When you perform any disruptive operation on the vCLS VMs, a warning dialog box appears.

Troubleshooting:

The health of vCLS VMs, including power state, is managed by EAM and WCP services. In case of power on failure of vCLS VMs, or if the first instance of DRS for a cluster is skipped due to lack of quorum of vCLS VMs, a banner appears in the cluster summary page along with a link to a Knowledge Base article to help troubleshoot the error state.

Because vCLS VMs are treated as system VMs, you do not need to backup or snapshot these VMs. The health state of these VMs is managed by vCenter services.

Putting a Cluster in Retreat Mode

When a datastore is placed in maintenance mode, if the datastore hosts vCLS VMs, you must manually storage vMotion the vCLS VMs to a new location or put the cluster in retreat mode.

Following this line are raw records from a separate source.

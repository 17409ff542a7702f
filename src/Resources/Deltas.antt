-- ===== src/Resources/Deltas.antt =====
-- What `delta` of the encoder and of the counter have in common.
use teensy_io.Base.{ℕ, zero, suc, List, [], ◌∷◌, ◌≡◌, sym, ap, ◌∙◌, arith}
use teensy_io.Base.Int.{ℤ, pos, negsuc, ◌+ℤ◌, ◌-ℤ◌}
use teensy_io.Protocol.Errors.{Result, ok}
use teensy_io.Protocol.Exec.{Exec, pure, gets, modify, bind_elim, ◌>>=◌, ◌>>◌}
use teensy_io.Resources.{Held}

-- A sum of integers, from the left.
abbrev pub sum_from : ℤ → List ℤ → ℤ
sum_from z [] = z
sum_from z (d ∷ ds) = sum_from (z +ℤ d) ds

-- Successive calls of one method, and all that they return.
unfoldable pub repeat : {S A : Type 0} → ℕ → Exec S A → Exec S (List A)
repeat zero m = pure []
repeat (suc n) m = do d ← m; ds ← repeat n m; pure (d ∷ ds)

add_sub : (a b : ℤ) → a +ℤ (b -ℤ a) ≡ b
unfolding ◌+ℤ◌ ◌-ℤ◌
add_sub (pos a) (pos b) = ground arith
add_sub (pos a) (negsuc b) = ground arith
add_sub (negsuc a) (pos b) = ground arith
add_sub (negsuc a) (negsuc b) = ground arith

ok-injective : {A : Type 0} {a b : A} → ok a ≡ ok b → a ≡ b
ok-injective e = cc

-- A resource `P` with a number that `read` finds, and the last one that was found.
module _ {P S : Type 0} (read : Exec (Held P S) ℤ) (last : P → ℤ) (put : P → ℤ → P)
    (last-put : (p : P) (z : ℤ) → last (put p z) ≡ z)
    (read-self : (h : Held P S) → (read h).1.self ≡ h.self) where
  abbrev pub difference : Exec (Held P S) ℤ
  difference = read >>= λ found. gets (λ h. found -ℤ last h.self) >>= λ change.
      modify (λ h. record h { self = put h.self found }) >> pure change

  difference_lem :
      (h : Held P S) (d : ℤ)
      → (difference h).0 ≡ ok d
      → last (difference h).1.self ≡ last h.self +ℤ d
  difference_lem h d e =
      bind_elim (λ (x : Result ℤ × Held P S). x.0 ≡ ok d → last x.1.self ≡ last h.self +ℤ d) read
        (λ found. gets (λ h. found -ℤ last h.self) >>= λ change.
          modify (λ h. record h { self = put h.self found }) >> pure change)
        h
        (λ found h' r q.
          let same : h'.self ≡ h.self = ap (λ x. x.1.self) (sym r) ∙ read-self h in
          let change : found -ℤ last h.self ≡ d =
            ap (λ k. found -ℤ last k) (sym same) ∙ ok-injective q in
          last-put h'.self found
          ∙ sym (ap (λ z. last h.self +ℤ z) (sym change) ∙ add_sub (last h.self) found))
        (λ x h' r q. absurd (cc)) (λ h' r q. absurd (cc)) e

  pub differences_lem :
      (n : ℕ) (h : Held P S) (ds : List ℤ)
      → (repeat n difference h).0 ≡ ok ds
      → last (repeat n difference h).1.self ≡ sum_from (last h.self) ds
  unfolding repeat
  differences_lem zero h ds e = ap (sum_from (last h.self)) (ok-injective e)
  differences_lem (suc n) h ds e =
      bind_elim Sums difference (λ d. repeat n difference >>= λ ds. pure (d ∷ ds)) h
        (λ d h' r.
          bind_elim Sums (repeat n difference) (λ ds. pure (d ∷ ds)) h'
            (λ ds' h'' r' q.
              sym (ap (λ x. last x.1.self) r')
              ∙ differences_lem n h' ds' (ap (λ x. x.0) r')
              ∙ ap (λ z. sum_from z ds')
                  (sym (ap (λ x. last x.1.self) r) ∙ difference_lem h d (ap (λ x. x.0) r))
              ∙ ap (sum_from (last h.self)) (ok-injective q))
            (λ x h'' r' q. absurd (cc)) (λ h'' r' q. absurd (cc)))
        (λ x h' r q. absurd (cc)) (λ h' r q. absurd (cc)) e
    where
      Sums : Result (List ℤ) × Held P S → Type 0
      Sums x = x.0 ≡ ok ds → last x.1.self ≡ sum_from (last h.self) ds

This task explains how to put a cluster in retreat mode.

Procedure

  1. Login to the vSphere Client.
  2. Navigate to the cluster on which vCLS must be deactivated.
  3. Copy the cluster domain ID from the URL of the browser. It should be similar to domain-c(number).
    Note: Only copy the numbers to the left of the colon in the URL.
  4. Navigate to the vCenter Server Configure tab.
  5. Under Advanced Settings, click the Edit Settings button.
  6. Add a new entry config.vcls.clusters.domain-c(number).enabled. Use the domain ID copied in step 3.
  7. Set the Value to False.
  8. Click Save.

Results

vCLS monitoring service runs every 30 seconds. Within 1 minute, all the vCLS VMs in the cluster are cleaned up and the Cluster Services health will be set to Degraded. If the cluster has DRS activated, it stops functioning and an additional warning is displayed in the Cluster Summary. DRS is not functional, even if it is activated, until vCLS is reconfigured by removing it from Retreat Mode.

vSphere HA does not perform optimal placement during a host failure scenario. HA depends on DRS for placement recommendations. HA will still power on the VMs but these VMs might be powered on in a less optimal host.

To remove Retreat Mode from the cluster, change the value in step 7 to True.

Retrieving Password for vCLS VMs

You can retrieve the password to login to the vCLS VMs.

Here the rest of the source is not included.